• [Recorded information]
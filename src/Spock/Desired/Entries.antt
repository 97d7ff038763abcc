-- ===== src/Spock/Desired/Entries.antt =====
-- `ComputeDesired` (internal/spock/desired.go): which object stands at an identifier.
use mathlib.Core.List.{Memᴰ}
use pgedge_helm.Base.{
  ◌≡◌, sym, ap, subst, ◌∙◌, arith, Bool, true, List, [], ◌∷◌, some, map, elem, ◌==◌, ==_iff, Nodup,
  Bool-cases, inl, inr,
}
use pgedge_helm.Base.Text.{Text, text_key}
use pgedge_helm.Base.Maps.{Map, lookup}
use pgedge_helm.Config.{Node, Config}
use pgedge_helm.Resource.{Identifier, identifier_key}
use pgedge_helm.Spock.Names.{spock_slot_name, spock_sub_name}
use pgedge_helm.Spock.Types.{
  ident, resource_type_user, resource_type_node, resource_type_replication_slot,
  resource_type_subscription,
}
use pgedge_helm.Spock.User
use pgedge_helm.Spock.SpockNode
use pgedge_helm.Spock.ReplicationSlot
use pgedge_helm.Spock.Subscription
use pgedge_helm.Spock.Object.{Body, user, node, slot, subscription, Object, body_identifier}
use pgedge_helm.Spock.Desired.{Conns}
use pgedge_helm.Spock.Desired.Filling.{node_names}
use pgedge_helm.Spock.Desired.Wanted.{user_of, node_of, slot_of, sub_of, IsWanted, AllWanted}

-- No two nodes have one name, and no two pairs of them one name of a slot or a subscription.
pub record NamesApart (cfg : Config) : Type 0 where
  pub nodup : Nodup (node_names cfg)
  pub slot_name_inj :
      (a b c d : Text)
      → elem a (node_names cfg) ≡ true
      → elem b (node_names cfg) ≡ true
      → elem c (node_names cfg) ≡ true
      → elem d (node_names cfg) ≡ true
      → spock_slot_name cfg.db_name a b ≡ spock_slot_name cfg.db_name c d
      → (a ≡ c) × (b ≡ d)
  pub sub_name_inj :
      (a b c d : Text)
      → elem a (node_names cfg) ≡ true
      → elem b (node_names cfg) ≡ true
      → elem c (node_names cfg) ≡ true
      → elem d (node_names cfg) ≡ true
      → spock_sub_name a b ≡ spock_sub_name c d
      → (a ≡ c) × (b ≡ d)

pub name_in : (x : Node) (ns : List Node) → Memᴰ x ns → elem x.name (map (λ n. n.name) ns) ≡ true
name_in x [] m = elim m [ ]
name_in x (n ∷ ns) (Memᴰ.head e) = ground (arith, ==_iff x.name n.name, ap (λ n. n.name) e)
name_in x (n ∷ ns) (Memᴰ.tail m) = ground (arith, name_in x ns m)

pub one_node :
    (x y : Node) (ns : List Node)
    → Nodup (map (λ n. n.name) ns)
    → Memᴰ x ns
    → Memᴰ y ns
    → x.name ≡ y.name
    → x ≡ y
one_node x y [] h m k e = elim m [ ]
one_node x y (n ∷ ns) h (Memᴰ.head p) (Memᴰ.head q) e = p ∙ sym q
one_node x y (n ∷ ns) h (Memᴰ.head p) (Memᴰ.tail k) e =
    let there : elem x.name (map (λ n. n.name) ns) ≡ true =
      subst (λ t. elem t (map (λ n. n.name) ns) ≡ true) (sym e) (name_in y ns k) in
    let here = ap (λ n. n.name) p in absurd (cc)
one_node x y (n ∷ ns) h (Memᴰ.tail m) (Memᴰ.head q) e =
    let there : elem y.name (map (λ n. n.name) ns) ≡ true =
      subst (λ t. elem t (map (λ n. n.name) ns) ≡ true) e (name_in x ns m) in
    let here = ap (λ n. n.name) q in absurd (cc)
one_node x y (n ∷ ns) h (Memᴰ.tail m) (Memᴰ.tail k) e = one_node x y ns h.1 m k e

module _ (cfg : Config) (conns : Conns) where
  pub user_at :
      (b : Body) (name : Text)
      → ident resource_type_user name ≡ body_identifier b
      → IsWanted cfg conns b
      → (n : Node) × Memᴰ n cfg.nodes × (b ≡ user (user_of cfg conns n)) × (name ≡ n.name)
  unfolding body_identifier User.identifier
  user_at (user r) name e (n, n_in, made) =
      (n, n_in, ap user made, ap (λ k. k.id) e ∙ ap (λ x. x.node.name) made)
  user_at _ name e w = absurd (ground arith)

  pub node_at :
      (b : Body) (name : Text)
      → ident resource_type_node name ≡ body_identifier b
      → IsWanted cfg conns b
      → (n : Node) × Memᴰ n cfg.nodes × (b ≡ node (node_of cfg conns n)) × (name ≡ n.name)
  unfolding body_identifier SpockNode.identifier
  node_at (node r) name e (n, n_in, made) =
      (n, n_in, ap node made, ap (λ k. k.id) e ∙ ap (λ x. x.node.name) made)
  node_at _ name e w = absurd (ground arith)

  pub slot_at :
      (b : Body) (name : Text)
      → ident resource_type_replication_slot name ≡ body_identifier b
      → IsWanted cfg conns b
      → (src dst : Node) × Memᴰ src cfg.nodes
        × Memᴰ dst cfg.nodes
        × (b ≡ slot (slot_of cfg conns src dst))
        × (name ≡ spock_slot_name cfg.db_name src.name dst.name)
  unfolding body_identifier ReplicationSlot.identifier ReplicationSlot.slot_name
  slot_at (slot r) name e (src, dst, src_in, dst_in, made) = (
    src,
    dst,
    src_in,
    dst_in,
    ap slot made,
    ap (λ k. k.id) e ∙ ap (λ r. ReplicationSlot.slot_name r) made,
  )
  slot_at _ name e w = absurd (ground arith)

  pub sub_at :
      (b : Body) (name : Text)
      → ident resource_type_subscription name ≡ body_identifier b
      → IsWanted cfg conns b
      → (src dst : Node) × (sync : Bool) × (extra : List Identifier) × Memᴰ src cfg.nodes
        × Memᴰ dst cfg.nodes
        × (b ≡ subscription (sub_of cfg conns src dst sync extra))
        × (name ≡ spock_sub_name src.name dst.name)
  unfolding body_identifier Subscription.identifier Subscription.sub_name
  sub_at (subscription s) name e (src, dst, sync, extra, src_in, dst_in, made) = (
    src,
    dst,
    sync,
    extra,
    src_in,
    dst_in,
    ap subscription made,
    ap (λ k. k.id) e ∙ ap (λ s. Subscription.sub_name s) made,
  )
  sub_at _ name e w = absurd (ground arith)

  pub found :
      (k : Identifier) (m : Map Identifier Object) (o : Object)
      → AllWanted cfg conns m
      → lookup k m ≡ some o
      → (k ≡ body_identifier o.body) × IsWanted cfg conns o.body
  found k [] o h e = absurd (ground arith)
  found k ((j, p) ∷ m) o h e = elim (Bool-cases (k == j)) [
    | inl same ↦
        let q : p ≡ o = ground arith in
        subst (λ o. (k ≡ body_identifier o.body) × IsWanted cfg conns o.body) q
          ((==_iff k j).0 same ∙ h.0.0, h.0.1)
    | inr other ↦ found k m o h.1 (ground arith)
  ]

• [Task item]
Scan the data above for the string "elim". Copy every line in which it appears.

• [Response]
name_in x [] m = elim m [ ]
one_node x y [] h m k e = elim m [ ]
  found k ((j, p) ∷ m) o h e = elim (Bool-cases (k == j)) [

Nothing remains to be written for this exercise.